Work instruction:
Would you please output the lines from the one holding "-- shared stack" to the end of the entries, exactly and with no others?

Input data:
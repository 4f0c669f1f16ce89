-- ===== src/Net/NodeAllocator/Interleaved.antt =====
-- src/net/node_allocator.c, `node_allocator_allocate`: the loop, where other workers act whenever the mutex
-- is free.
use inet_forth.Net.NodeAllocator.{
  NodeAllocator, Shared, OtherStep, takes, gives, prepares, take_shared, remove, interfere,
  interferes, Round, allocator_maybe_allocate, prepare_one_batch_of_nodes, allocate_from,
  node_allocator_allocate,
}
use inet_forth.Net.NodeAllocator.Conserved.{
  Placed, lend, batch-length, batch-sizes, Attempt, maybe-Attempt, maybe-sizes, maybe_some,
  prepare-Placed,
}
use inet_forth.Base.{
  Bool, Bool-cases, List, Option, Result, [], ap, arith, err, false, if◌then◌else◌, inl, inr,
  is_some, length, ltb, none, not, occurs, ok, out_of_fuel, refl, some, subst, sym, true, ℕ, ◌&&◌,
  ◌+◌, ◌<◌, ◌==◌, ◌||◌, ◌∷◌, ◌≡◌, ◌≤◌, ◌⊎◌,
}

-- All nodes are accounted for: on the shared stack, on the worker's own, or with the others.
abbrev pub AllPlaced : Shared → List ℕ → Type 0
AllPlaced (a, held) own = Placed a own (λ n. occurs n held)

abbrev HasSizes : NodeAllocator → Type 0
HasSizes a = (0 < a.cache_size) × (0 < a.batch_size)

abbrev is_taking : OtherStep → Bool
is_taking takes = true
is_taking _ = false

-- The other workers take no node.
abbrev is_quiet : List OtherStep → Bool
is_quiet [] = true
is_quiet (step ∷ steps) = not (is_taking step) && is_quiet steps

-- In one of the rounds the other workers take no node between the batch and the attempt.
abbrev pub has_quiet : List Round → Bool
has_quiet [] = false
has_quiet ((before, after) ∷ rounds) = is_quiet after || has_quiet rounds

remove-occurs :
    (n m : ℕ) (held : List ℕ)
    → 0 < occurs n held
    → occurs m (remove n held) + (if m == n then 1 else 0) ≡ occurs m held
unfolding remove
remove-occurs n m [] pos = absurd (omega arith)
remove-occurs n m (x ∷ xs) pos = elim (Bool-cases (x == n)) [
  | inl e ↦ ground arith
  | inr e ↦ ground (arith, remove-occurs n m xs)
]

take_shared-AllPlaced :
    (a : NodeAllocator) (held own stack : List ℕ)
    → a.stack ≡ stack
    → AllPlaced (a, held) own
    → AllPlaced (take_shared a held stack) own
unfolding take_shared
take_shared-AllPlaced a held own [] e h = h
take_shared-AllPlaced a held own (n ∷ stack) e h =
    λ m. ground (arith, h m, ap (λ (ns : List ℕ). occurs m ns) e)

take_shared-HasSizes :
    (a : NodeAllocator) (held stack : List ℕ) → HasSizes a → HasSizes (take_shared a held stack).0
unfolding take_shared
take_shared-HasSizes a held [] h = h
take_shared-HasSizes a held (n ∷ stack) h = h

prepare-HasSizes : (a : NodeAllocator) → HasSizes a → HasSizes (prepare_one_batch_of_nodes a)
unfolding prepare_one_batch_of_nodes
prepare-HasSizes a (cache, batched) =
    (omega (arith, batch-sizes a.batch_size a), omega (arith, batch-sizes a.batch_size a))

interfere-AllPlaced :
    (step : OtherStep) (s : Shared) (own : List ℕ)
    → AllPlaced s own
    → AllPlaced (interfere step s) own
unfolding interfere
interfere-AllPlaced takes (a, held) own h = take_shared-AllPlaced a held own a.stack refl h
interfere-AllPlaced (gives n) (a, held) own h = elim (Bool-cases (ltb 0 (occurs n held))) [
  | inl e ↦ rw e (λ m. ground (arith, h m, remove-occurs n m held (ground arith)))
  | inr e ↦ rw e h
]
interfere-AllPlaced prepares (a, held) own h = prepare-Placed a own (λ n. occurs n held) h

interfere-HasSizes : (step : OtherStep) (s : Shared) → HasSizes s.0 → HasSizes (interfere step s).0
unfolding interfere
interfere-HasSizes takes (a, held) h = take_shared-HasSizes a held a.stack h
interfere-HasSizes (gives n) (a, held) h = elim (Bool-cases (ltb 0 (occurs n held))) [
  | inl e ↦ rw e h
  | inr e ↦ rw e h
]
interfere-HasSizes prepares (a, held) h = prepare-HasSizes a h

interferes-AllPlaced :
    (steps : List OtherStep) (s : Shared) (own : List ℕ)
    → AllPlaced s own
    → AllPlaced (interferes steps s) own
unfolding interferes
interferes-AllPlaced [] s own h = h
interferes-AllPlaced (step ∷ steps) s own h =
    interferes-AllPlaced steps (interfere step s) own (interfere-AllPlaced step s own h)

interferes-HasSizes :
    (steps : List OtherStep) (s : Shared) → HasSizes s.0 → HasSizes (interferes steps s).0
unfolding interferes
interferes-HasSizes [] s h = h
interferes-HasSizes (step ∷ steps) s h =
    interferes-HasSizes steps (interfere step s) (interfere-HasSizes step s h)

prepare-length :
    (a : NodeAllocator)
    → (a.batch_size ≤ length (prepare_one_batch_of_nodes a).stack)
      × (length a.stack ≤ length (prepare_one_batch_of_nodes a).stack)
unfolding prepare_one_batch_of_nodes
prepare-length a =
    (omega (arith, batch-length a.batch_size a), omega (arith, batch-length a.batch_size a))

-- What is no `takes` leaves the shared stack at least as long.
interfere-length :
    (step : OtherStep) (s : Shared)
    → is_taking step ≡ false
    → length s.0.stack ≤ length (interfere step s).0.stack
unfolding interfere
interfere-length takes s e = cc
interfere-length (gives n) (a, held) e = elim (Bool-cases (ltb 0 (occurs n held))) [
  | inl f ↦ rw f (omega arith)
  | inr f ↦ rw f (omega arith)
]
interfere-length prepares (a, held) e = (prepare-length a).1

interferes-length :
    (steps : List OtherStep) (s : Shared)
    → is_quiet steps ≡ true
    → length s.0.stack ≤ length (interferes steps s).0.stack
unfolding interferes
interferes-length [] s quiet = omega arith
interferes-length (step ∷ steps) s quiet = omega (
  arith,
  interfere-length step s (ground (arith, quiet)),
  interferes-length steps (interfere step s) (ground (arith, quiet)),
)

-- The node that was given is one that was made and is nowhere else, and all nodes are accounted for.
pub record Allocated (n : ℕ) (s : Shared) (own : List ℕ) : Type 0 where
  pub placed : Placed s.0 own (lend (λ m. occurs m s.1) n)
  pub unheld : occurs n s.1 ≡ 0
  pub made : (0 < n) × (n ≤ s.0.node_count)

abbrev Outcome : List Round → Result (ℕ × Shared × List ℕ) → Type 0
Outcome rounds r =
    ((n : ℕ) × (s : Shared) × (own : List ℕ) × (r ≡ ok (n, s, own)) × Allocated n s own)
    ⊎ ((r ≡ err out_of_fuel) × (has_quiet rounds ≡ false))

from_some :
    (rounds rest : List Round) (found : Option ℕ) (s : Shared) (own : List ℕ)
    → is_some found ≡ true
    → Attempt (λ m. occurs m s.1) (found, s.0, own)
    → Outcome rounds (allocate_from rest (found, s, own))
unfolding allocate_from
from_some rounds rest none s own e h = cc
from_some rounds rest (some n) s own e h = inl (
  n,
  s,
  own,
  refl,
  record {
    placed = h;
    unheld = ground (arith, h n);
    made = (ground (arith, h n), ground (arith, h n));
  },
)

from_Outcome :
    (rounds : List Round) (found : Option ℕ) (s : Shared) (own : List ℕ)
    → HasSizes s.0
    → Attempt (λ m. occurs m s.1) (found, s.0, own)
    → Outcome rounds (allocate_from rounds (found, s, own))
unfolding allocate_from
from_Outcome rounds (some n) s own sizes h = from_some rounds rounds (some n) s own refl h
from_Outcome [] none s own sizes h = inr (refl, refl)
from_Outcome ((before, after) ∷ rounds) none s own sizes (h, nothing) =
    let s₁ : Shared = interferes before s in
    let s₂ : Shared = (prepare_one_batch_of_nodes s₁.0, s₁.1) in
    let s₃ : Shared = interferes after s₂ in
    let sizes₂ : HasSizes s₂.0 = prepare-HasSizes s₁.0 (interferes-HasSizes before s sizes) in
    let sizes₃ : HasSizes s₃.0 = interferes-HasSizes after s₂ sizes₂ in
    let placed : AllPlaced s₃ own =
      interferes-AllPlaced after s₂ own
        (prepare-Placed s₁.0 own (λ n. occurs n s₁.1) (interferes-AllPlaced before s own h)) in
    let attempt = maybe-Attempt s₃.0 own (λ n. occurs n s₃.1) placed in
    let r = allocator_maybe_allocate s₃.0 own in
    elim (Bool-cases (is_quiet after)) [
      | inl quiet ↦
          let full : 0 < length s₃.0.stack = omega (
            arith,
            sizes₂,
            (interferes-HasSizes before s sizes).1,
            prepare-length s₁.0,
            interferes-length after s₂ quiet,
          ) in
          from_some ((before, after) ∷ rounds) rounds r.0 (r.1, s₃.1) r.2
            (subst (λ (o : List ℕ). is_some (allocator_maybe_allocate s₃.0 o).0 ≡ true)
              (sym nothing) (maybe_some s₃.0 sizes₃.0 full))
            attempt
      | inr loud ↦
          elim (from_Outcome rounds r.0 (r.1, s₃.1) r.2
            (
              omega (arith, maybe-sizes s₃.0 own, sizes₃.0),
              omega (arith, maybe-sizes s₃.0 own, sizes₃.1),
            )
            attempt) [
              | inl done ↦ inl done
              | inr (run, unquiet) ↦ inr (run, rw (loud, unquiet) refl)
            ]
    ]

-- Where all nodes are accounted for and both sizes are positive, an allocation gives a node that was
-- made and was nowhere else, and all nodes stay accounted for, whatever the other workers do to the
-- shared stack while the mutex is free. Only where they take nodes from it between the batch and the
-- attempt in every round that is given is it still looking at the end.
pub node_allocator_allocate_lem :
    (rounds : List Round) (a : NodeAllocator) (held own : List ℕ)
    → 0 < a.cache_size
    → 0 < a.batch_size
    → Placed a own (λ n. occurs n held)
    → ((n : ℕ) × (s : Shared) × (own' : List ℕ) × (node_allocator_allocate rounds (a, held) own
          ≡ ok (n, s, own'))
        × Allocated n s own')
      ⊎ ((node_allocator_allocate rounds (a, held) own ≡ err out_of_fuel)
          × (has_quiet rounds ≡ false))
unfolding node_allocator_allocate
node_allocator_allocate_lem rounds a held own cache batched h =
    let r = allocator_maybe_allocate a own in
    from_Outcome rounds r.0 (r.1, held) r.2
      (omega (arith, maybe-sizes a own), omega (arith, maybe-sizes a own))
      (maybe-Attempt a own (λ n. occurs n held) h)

Worked solution:
-- shared stack while the mutex is free. Only where they take nodes from it between the batch and the
-- attempt in every round that is given is it still looking at the end.
pub node_allocator_allocate_lem :
    (rounds : List Round) (a : NodeAllocator) (held own : List ℕ)
    → 0 < a.cache_size
    → 0 < a.batch_size
    → Placed a own (λ n. occurs n held)
    → ((n : ℕ) × (s : Shared) × (own' : List ℕ) × (node_allocator_allocate rounds (a, held) own
          ≡ ok (n, s, own'))
        × Allocated n s own')
      ⊎ ((node_allocator_allocate rounds (a, held) own ≡ err out_of_fuel)
          × (has_quiet rounds ≡ false))
unfolding node_allocator_allocate
node_allocator_allocate_lem rounds a held own cache batched h =
    let r = allocator_maybe_allocate a own in
    from_Outcome rounds r.0 (r.1, held) r.2
      (omega (arith, maybe-sizes a own), omega (arith, maybe-sizes a own))
      (maybe-Attempt a own (λ n. occurs n held) h)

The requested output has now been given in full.